The expected approval of the GNU General Public License version 3 (GPLv3) could further muddy the waters for Microsoft’s claims it will collect payment on its patents for Linux technology as there is a question about whether the company’s interoperability deal with Novell will violate the forthcoming final draft.
The current version of the GPL, the open-source license for Linux, does not have specific protection against patent litigation for companies distributing Linux. However, GPLv3, which is expected to be in final release in the next couple of months, has a provision promising patent safety to those who receive software, such as Linux, distributed under the license.

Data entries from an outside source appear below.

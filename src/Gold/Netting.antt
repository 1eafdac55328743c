-- ===== src/Gold/Netting.antt =====
-- That the tax export of a derived ledger has each amount once.
use spectraplex.Base.{
  ℕ, String, Bool, true, false, ◌≡◌, refl, sym, ap, ◌∙◌, inl, inr, Bool-cases, Option, none, some,
  List, [], ◌∷◌, map, All, if◌then◌else◌, str_eq, unwrap_or,
}
use spectraplex.Gold.{Outside, Silver, WalletLedgerRecord}
use spectraplex.Gold.Flows.{ledger_records}
use spectraplex.Gold.Events.{materialize_gold_from_silver}
use spectraplex.Gold.Totals.{IsGroup}
use spectraplex.Gold.Tax.{TaxRow, tax_row}
use spectraplex.Gold.Fees.{HasOneFee, ledger-HasOneFee}

-- The absolute value of a negative number.
pub record HasAbs (o : Outside) : Type 0 where
  pub abs_negative : (a : o.BigDecimal) → o.below a o.zero ≡ true → o.abs a ≡ o.neg a

module _ (o : Outside) (asset : String) where
  -- What a column adds for the asset.
  abbrev pub column : String → Option o.BigDecimal → o.BigDecimal
  column a amount = if str_eq a asset then unwrap_or amount o.zero else o.zero

  -- What is received, less what is sent and the fee.
  abbrev pub net : TaxRow o.BigDecimal → o.BigDecimal
  net t =
      o.plus (column t.recv_asset t.recv_amount)
        (o.neg (o.plus (column t.sent_asset t.sent_amount) (column t.fee_asset t.fee_amount)))

  abbrev pub net_total : List (TaxRow o.BigDecimal) → o.BigDecimal
  net_total [] = o.zero
  net_total (t ∷ rows) = o.plus (net t) (net_total rows)

  abbrev pub asset_total : List (WalletLedgerRecord o.BigDecimal) → o.BigDecimal
  asset_total [] = o.zero
  asset_total (r ∷ records) =
      o.plus (if str_eq r.asset_symbol asset then r.amount else o.zero) (asset_total records)

  module _ (g : IsGroup o) (has_abs : HasAbs o) where
    open g use {plus_assoc, plus_comm, zero_plus, plus_neg}

    plus-zero : (a : o.BigDecimal) → o.plus a o.zero ≡ a
    plus-zero a = plus_comm a o.zero ∙ zero_plus a

    neg-zero : o.neg o.zero ≡ o.zero
    neg-zero = sym (zero_plus (o.neg o.zero)) ∙ plus_neg o.zero

    neg-neg : (a : o.BigDecimal) → o.neg (o.neg a) ≡ a
    neg-neg a =
        sym (zero_plus (o.neg (o.neg a)))
        ∙ ap (λ t. o.plus t (o.neg (o.neg a))) (sym (plus_neg a))
        ∙ plus_assoc a (o.neg a) (o.neg (o.neg a))
        ∙ ap (o.plus a) (plus_neg (o.neg a))
        ∙ plus-zero a

    empty_column : (a : String) → column a none ≡ o.zero
    empty_column a = elim (Bool-cases (str_eq a asset)) [ inl e ↦ rw e refl | inr e ↦ rw e refl ]

    counted-neg :
        (b : Bool) (x : o.BigDecimal)
        → o.neg (if b then o.neg x else o.zero) ≡ (if b then x else o.zero)
    counted-neg true x = neg-neg x
    counted-neg false x = neg-zero

    -- A row with one side has what that side has.
    only_received :
        (x y z : o.BigDecimal) → y ≡ o.zero → z ≡ o.zero → o.plus x (o.neg (o.plus y z)) ≡ x
    only_received x y z e f =
        ap (λ t. o.plus x (o.neg t)) (ap (λ t. o.plus t z) e ∙ zero_plus z ∙ f)
        ∙ ap (o.plus x) neg-zero
        ∙ plus-zero x

    only_sent :
        (x y z : o.BigDecimal) → x ≡ o.zero → z ≡ o.zero → o.plus x (o.neg (o.plus y z)) ≡ o.neg y
    only_sent x y z e f =
        ap (λ t. o.plus t (o.neg (o.plus y z))) e
        ∙ zero_plus (o.neg (o.plus y z))
        ∙ ap (λ t. o.neg (o.plus y t)) f
        ∙ ap o.neg (plus-zero y)

    only_fee :
        (x y z : o.BigDecimal) → x ≡ o.zero → y ≡ o.zero → o.plus x (o.neg (o.plus y z)) ≡ o.neg z
    only_fee x y z e f =
        ap (λ t. o.plus t (o.neg (o.plus y z))) e
        ∙ zero_plus (o.neg (o.plus y z))
        ∙ ap (λ t. o.neg (o.plus t z)) f
        ∙ ap o.neg (zero_plus z)

    module _ (r : WalletLedgerRecord o.BigDecimal) where
      abbrev own : o.BigDecimal
      own = if str_eq r.asset_symbol asset then r.amount else o.zero

      -- The column of the absolute value of a negative amount.
      taken :
          o.below r.amount o.zero ≡ true
          → o.neg (column r.asset_symbol (some (o.abs r.amount))) ≡ own
      taken e =
          ap (λ x. o.neg (column r.asset_symbol (some x))) (has_abs.abs_negative r.amount e)
          ∙ counted-neg (str_eq r.asset_symbol asset) r.amount

      net-tax_row : HasOneFee r → net (tax_row o r) ≡ own
      unfolding tax_row
      net-tax_row h = elim (Bool-cases (str_eq r.entry_type "fee")) [
        | inl e ↦ elim (Bool-cases (o.below r.amount o.zero)) [
          | inl f ↦ rw (e, f) (only_fee _ _ _ (empty_column "") (empty_column "") ∙ taken f)
          | inr f ↦ rw (e, f) (only_received _ _ _ (empty_column "") (empty_column ""))
        ]
        | inr e ↦ elim (Bool-cases (o.below r.amount o.zero)) [
          | inl f ↦
              rw (e, f, h e)
                (only_sent _ _ _ (empty_column "") (empty_column (unwrap_or r.fee_asset ""))
                  ∙ taken f)
          | inr f ↦
              rw (e, f, h e)
                (only_received _ _ _ (empty_column "") (empty_column (unwrap_or r.fee_asset "")))
        ]
      ]

    net_total-tax_row :
        (records : List (WalletLedgerRecord o.BigDecimal))
        → All HasOneFee records
        → net_total (map (tax_row o) records) ≡ asset_total records
    net_total-tax_row [] h = refl
    net_total-tax_row (r ∷ records) (h, hs) =
        ap (λ x. o.plus x (net_total (map (tax_row o) records))) (net-tax_row r h)
        ∙ ap (o.plus (own r)) (net_total-tax_row records hs)

    -- In the tax export of a derived ledger, what is received of an asset, less what is sent and the
    -- fees, is the total of the ledger's amounts of the asset: no fee and no amount is counted twice.
    pub tax_export_nets :
        (wallet : String) (version : Option ℕ) (s : Silver o.BigDecimal)
        → net_total (map (tax_row o) (materialize_gold_from_silver o wallet version s).0)
          ≡ asset_total (materialize_gold_from_silver o wallet version s).0
    unfolding materialize_gold_from_silver
    tax_export_nets wallet version s = elim (Bool-cases (str_eq wallet "")) [
      | inl e ↦ rw e refl
      | inr e ↦ rw e (
          net_total-tax_row (ledger_records o wallet version s)
            (ledger-HasOneFee o wallet version s))
    ]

The provision was put in specifically to make deals like the one Microsoft struck with Novell “useless” to Microsoft so it cannot make similar pacts that include royalty payments with other companies, said Eben Moglen, chairman of the Software Freedom Law Center and a Columbia University professor of law and legal history who co-wrote the GPLv3 draft with the Free Software Foundation’s Richard Stallman.
“Rather than discriminating among parties so customers feel safe [from litigation] and not developers, we instead will be turning the Microsoft-Novell deal into a patent-insurance factor for everybody,” he said.
The catch is that no one is sure if Microsoft’s agreement to distribute coupons for Suse Linux Enterprise Support through the Novell deal would deem it a Linux distributor and require the company to be compliant with the GPL. And Moglen, who has examined the Microsoft-Novell deal but is under a nondisclosure agreement forbidding him from revealing specifics, said that the answer will remain unclear unless Microsoft and Novell go public with that element of their deal.
Microsoft declined to comment on the issue Wednesday through its public relations firm on the grounds that GPLv3 is still in draft form. However, Moglen thinks the company is being deliberately vague about compliance with GPLv3 for the same reason it said this week it would seek royalties on technology in Linux it claims to hold patents for: To cause fear among customers who want to adopt Linux and other open-source software over its commercial products.
“They have to climb out of the car crash that is [Windows] Vista and go out and spend hundreds of millions of dollars to make software the way they should make it,” he said. “Vista has nothing that isn’t available for free. Microsoft must come out and start again from behind, and it’s not a position they’ve been in before. It’s not a position in which they can compete successfully.”
There also is a question of how a court would interpret Microsoft’s deal with Novell and the GPLv3 provision if it should ever be raised as a key issue in patent litigation.
“There’s a clever attempt in the latest GPLv3 draft to ensnare a company just for promoting a GPLv3 product, but this will never hold up for any number of reasons,” said Jonathan Zuck, president of the Association for Competitive Technology, an advocacy group in Washington, D.C., that formed in the wake of the government’s antitrust case against Microsoft. The company is a member of the group. “It’s hard to imagine where giving out support coupons constitutes product promotion.”
That could be one view a court would take, agreed Andrew Updegrove, an attorney with Gesmer Updegrove LLP in Boston. But it’s hard to predict how any particular legal authority would view the definition or the provision if it were challenged, he said.
“All this stuff is up for grabs,” Updegrove said. “What a court would say is always different. I don’t think anyone can look you in the eye and say, ‘If this went to court, I can guarantee you how this will play out’.”
Such a dispute might never get to the point of quibbling over legal definitions, Updegrove added, because of the history of OS patents. As others have noted, he pointed out that Linux is “Unix warmed over,” and Unix has been around much longer than Windows. Microsoft theoretically has had plenty of time to its exercise patent rights since Linux was first created but has not, though even its right to do so is unclear because the company will not publicly disclose which patents are being violated.
“When do they decide to wake up in the morning and say they have rights today that they didn’t have five years ago, 10 years ago … 20 years ago?” Updegrove asked. “Nothing has changed to give them any rights now.”
Furthermore, Apple or IBM — anyone who owns an OS, for that matter — would have just as much right to sue for patents as Microsoft does because all of those companies have patented OS technology that has been used broadly over the years, he said.